The Spectator

Barometer | 22 June 2016

Also in our Barometer column: tall statues, battle death tolls, and nations in space

Big game hunt

Wales beat Russia 3–0 to finish above England in their group at the European Football Championships. Which is bigger in Wales, football or rugby?
— The Football Association of Wales was founded in 1876, five years earlier than the Welsh Rugby Union. However, rugby then took off rapidly in south Wales while football remained stronger in the north.
— Wales lost their first matches to England in both football (2–1) and rugby (8–0).
— Rugby and football matches have both filled Cardiff’s Millennium Stadium (capacity 76,000), though in a recent Wales Online poll, rugby was still reckoned more important, by 56% to 44%.


Tall poppies

A group of historians complained that a proposed statue of Mary Seacole at St Thomas’ Hospital will, at 10ft, be higher than the statue to Florence Nightingale in Waterloo Place, at 8ft 6in. Some luminaries with bigger statues in Britain:
9ft Mahatma Gandhi, Parliament Square
12ft Winston Churchill, Parliament Square
18ft Horatio Nelson, Trafalgar Square
22ft Queen Victoria, Royal Victoria Infirmary, Newcastle-upon-Tyne
99ft Horse, ‘The Kelpies’, Falkirk




Days of the dead

The first day of the Battle of the Somme on 1 July 1916 cost the lives of 19,240 British soldiers.

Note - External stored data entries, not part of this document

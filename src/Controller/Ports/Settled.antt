-- ===== src/Controller/Ports/Settled.antt =====
-- Ports that have been reconciled stay as they are when they are reconciled again.
use application_controller.Common.{
  String, Bool, true, false, Option, none, some, is_some, List, [], ◌∷◌, ◌++◌, GoMap, lookup,
  string_eq, ◌==◌, beq_refl, ◌≡◌, refl, sym, ◌∙◌, ap, arith, All, All-append, All-map, All-zip,
  append_assoc, append-nil, or_else, if◌then◌else◌,
}
use application_controller.Kube.{ContainerPort, ServicePort}
use application_controller.Controller.Ports.{
  by_name, adopt_one, adopt_actual, append_new, reconcile_ports, adopt_container_port,
  reconcile_container_ports, adopt_service_port, reconcile_service_ports,
}
use application_controller.Controller.Ports.Lookup.{
  find, find_last, lookup-by_name, adopted, saw, seen-adopt_actual, find-reconcile_ports,
}
use application_controller.Controller.Ports.Count.{count, IsDistinct}

module _ {P : Type 0} (name_of : P → String) (adopt : P → P → P)
    (keeps_name : (got want : P) → name_of (adopt got want) ≡ name_of got)
    (adopt_twice : (got want : P) → adopt (adopt got want) want ≡ adopt got want)
    (adopt_self : (p : P) → adopt p p ≡ p) where
  -- The port has a desired name, and what it adopts changes nothing.
  abbrev IsSettled : GoMap String P → P → Type 0
  IsSettled desired p = (want : P) × (lookup (name_of p) desired ≡ some want) × (adopt p want ≡ p)

  adopt_one-settled :
      (desired : GoMap String P) (p : P) (acc : List P × GoMap String Bool)
      → IsSettled desired p
      → (adopt_one name_of adopt p (lookup (name_of p) desired) acc).0 ≡ acc.0 ++ p ∷ []
  unfolding adopt_one
  adopt_one-settled desired p acc (want, held, same) =
      ap (λ o. (adopt_one name_of adopt p o acc).0) held ∙ ap (λ q. acc.0 ++ q ∷ []) same

  adopt_actual-settled :
      (desired : GoMap String P) (ps : List P) (acc : List P × GoMap String Bool)
      → All (IsSettled desired) ps
      → (adopt_actual name_of adopt desired ps acc).0 ≡ acc.0 ++ ps
  unfolding adopt_actual
  adopt_actual-settled desired [] acc all = sym (append-nil acc.0)
  adopt_actual-settled desired (p ∷ ps) acc all =
      adopt_actual-settled desired ps (adopt_one name_of adopt p (lookup (name_of p) desired) acc)
        all.1
      ∙ ap (λ kept. kept ++ ps) (adopt_one-settled desired p acc all.0)
      ∙ append_assoc acc.0 (p ∷ []) ps

  adopt_one-IsSettled :
      (desired : GoMap String P) (got : P) (o : Option P) (acc : List P × GoMap String Bool)
      → lookup (name_of got) desired ≡ o
      → All (IsSettled desired) acc.0
      → All (IsSettled desired) (adopt_one name_of adopt got o acc).0
  unfolding adopt_one
  adopt_one-IsSettled desired got none acc held all = all
  adopt_one-IsSettled desired got (some want) acc held all =
      All-append (IsSettled desired) acc.0 (adopt got want ∷ []) all
        ((want, ap (λ n. lookup n desired) (keeps_name got want) ∙ held, adopt_twice got want), tt)

  adopt_actual-IsSettled :
      (desired : GoMap String P) (actual : List P) (acc : List P × GoMap String Bool)
      → All (IsSettled desired) acc.0
      → All (IsSettled desired) (adopt_actual name_of adopt desired actual acc).0
  unfolding adopt_actual
  adopt_actual-IsSettled desired [] acc all = all
  adopt_actual-IsSettled desired (got ∷ actual) acc all =
      adopt_actual-IsSettled desired actual _
        (adopt_one-IsSettled desired got (lookup (name_of got) desired) acc refl all)

  append_new-IsSettled :
      (desired : GoMap String P) (seen : GoMap String Bool) (new result : List P)
      → All (IsSettled desired) new
      → All (IsSettled desired) result
      → All (IsSettled desired) (append_new name_of adopt seen new result)
  unfolding append_new
  append_new-IsSettled desired seen [] result settled all = all
  append_new-IsSettled desired seen (want ∷ new) result settled all =
      append_new-IsSettled desired seen new _ settled.1 (appended (lookup (name_of want) seen))
    where
      appended :
          (o : Option Bool)
          → All (IsSettled desired) (elim o [ some true ↦ result | _ ↦ result ++ want ∷ [] ])
      appended none = All-append (IsSettled desired) result (want ∷ []) all (settled.0, tt)
      appended (some true) = all
      appended (some false) = All-append (IsSettled desired) result (want ∷ []) all (settled.0, tt)

  count-zero : (n : String) (ps : List P) → count name_of n ps ≡ 0 → find_last name_of n ps ≡ none
  count-zero n [] h = refl
  count-zero n (p ∷ ps) h = ground (arith, count-zero n ps)

  -- Each of several ports with distinct names is the last one of its name.
  find_last_self :
      (ps : List P)
      → IsDistinct name_of ps
      → All (λ p. find_last name_of (name_of p) ps ≡ some p) ps
  find_last_self [] once = tt
  find_last_self (p ∷ ps) once = (
    ground (arith, beq_refl (name_of p), once (name_of p), count-zero (name_of p) ps),
    All-map _ _
        (λ q found. ap (λ o. or_else o (if name_of p == name_of q then some p else none)) found) ps
        (find_last_self ps (λ n. ground (arith, once n))),
  )

  desired-IsSettled :
      (ps : List P) → IsDistinct name_of ps → All (IsSettled (by_name name_of adopt [] ps)) ps
  unfolding lookup
  desired-IsSettled ps once =
      All-map (λ p. find_last name_of (name_of p) ps ≡ some p) _
        (λ p found. (
          p,
          lookup-by_name name_of adopt (name_of p) ps [] ∙ ap (λ o. or_else o none) found,
          adopt_self p,
        ))
        ps (find_last_self ps once)

  -- Without existing ports the desired ones are taken; they are settled if their names are distinct.
  reconcile_ports-IsSettled :
      (actual desired : List P)
      → IsDistinct name_of desired
      → All
          (IsSettled (by_name name_of adopt [] desired))
          (reconcile_ports name_of adopt actual desired)
  unfolding reconcile_ports
  reconcile_ports-IsSettled [] desired once = desired-IsSettled desired once
  reconcile_ports-IsSettled (got ∷ actual) desired once =
      append_new-IsSettled (by_name name_of adopt [] desired) _ desired _
        (desired-IsSettled desired once)
        (adopt_actual-IsSettled (by_name name_of adopt [] desired) (got ∷ actual) ([], []) tt)

  append_new-none :
      (seen : GoMap String Bool) (new result : List P)
      → All (λ p. saw name_of adopt keeps_name (lookup (name_of p) seen) ≡ true) new
      → append_new name_of adopt seen new result ≡ result
  unfolding append_new
  append_new-none seen [] result all = refl
  append_new-none seen (want ∷ new) result all =
      ap (λ next. append_new name_of adopt seen new next) (stays (lookup (name_of want) seen) all.0)
      ∙ append_new-none seen new result all.1
    where
      stays :
          (o : Option Bool)
          → saw name_of adopt keeps_name o ≡ true
          → (elim o [ some true ↦ result | _ ↦ result ++ want ∷ [] ]) ≡ result
      stays none h = cc
      stays (some true) h = refl
      stays (some false) h = cc

  find_self : (ps : List P) → All (λ p. is_some (find name_of (name_of p) ps) ≡ true) ps
  find_self [] = tt
  find_self (p ∷ ps) = (
    ground (arith, beq_refl (name_of p)),
    All-map (λ q. is_some (find name_of (name_of q) ps) ≡ true) _ (λ q found. ground (arith, found))
        ps (find_self ps),
  )

  -- Every desired name has a port among those that are reconciled already.
  abbrev Covers : List P → List P → Type 0
  Covers ps desired =
      All
        (λ p.
          is_some
            (adopted name_of adopt keeps_name (name_of p) (by_name name_of adopt [] desired) ps)
          ≡ true)
        desired

  reconcile_ports-stable :
      (ps desired : List P)
      → All (IsSettled (by_name name_of adopt [] desired)) ps
      → Covers ps desired
      → reconcile_ports name_of adopt ps desired ≡ ps
  unfolding reconcile_ports lookup
  reconcile_ports-stable [] [] settled covers = refl
  reconcile_ports-stable [] (p ∷ desired) settled covers = ground (arith, covers.0)
  reconcile_ports-stable (got ∷ actual) desired settled covers =
      let d = by_name name_of adopt [] desired in
      let marks = (adopt_actual name_of adopt d (got ∷ actual) ([], [])).1 in
      append_new-none marks desired _ (
        All-map
          (λ p. is_some (adopted name_of adopt keeps_name (name_of p) d (got ∷ actual)) ≡ true) _
          (λ p covered.
            seen-adopt_actual name_of adopt keeps_name (name_of p) d (got ∷ actual) ([], [])
            ∙ covered)
          desired covers)
      ∙ adopt_actual-settled d (got ∷ actual) ([], []) settled

  reconcile_ports-Covers :
      (actual desired : List P)
      → IsDistinct name_of desired
      → Covers (reconcile_ports name_of adopt actual desired) desired
  unfolding lookup
  reconcile_ports-Covers actual desired once =
      All-map
        (λ p.
          (find_last name_of (name_of p) desired ≡ some p)
          × (is_some (find name_of (name_of p) desired) ≡ true))
        _
        (λ p (last, found). ground (
          arith,
          last,
          found,
          lookup-by_name name_of adopt (name_of p) desired [],
          find-reconcile_ports name_of adopt keeps_name (name_of p) actual desired,
        ))
        desired (All-zip _ _ desired (find_last_self desired once) (find_self desired))

  -- Reconciling the ports again changes nothing, if the desired names are distinct.
  pub reconcile_ports_idem :
      (actual desired : List P)
      → IsDistinct name_of desired
      → reconcile_ports name_of adopt (reconcile_ports name_of adopt actual desired) desired
        ≡ reconcile_ports name_of adopt actual desired
  reconcile_ports_idem actual desired once =
      reconcile_ports-stable (reconcile_ports name_of adopt actual desired) desired
        (reconcile_ports-IsSettled actual desired once) (reconcile_ports-Covers actual desired once)

-- If the desired ports of a Service have distinct names, then reconciling its ports a second time
-- changes nothing, whatever ports there were at first. The same holds for the ports of a container.
pub reconcile_service_ports_idem :
    (actual desired : List ServicePort) (found wanted : List ContainerPort)
    → IsDistinct (λ p. p.name) desired
    → IsDistinct (λ p. p.name) wanted
    → (reconcile_service_ports (reconcile_service_ports actual desired) desired
        ≡ reconcile_service_ports actual desired)
      × (reconcile_container_ports (reconcile_container_ports found wanted) wanted
          ≡ reconcile_container_ports found wanted)
unfolding reconcile_service_ports reconcile_container_ports
reconcile_service_ports_idem actual desired found wanted once once' = (
  reconcile_ports_idem (λ p. p.name) adopt_service_port (λ got want. refl) (λ got want. refl)
      (λ p. refl) actual desired once,
  reconcile_ports_idem (λ p. p.name) adopt_container_port (λ got want. refl) (λ got want. refl)
      (λ p. refl) found wanted once',
)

Some of the other bloody days of British military history:
— Battle of Watling Street AD 60/61, exact date unknown: 80,000 Britons killed, according to Roman historian Tacitus.
— Battle of Agincourt, 25 October 1415. 100–400 killed on English side (and up to 10,000 on French side).
— Battle of Towton, 29 March 1461, bloodiest battle of the Wars of the Roses: 28,000 killed by one estimate.
— Battle of Waterloo, 18 June 1815: 3,500 British killed plus 3,300 fighting alongside them. (Up to 24,000 on the French side.)
— D-Day, 6 June 1944: 4,414 Allied deaths, according to the National D-Day Memorial Foundation.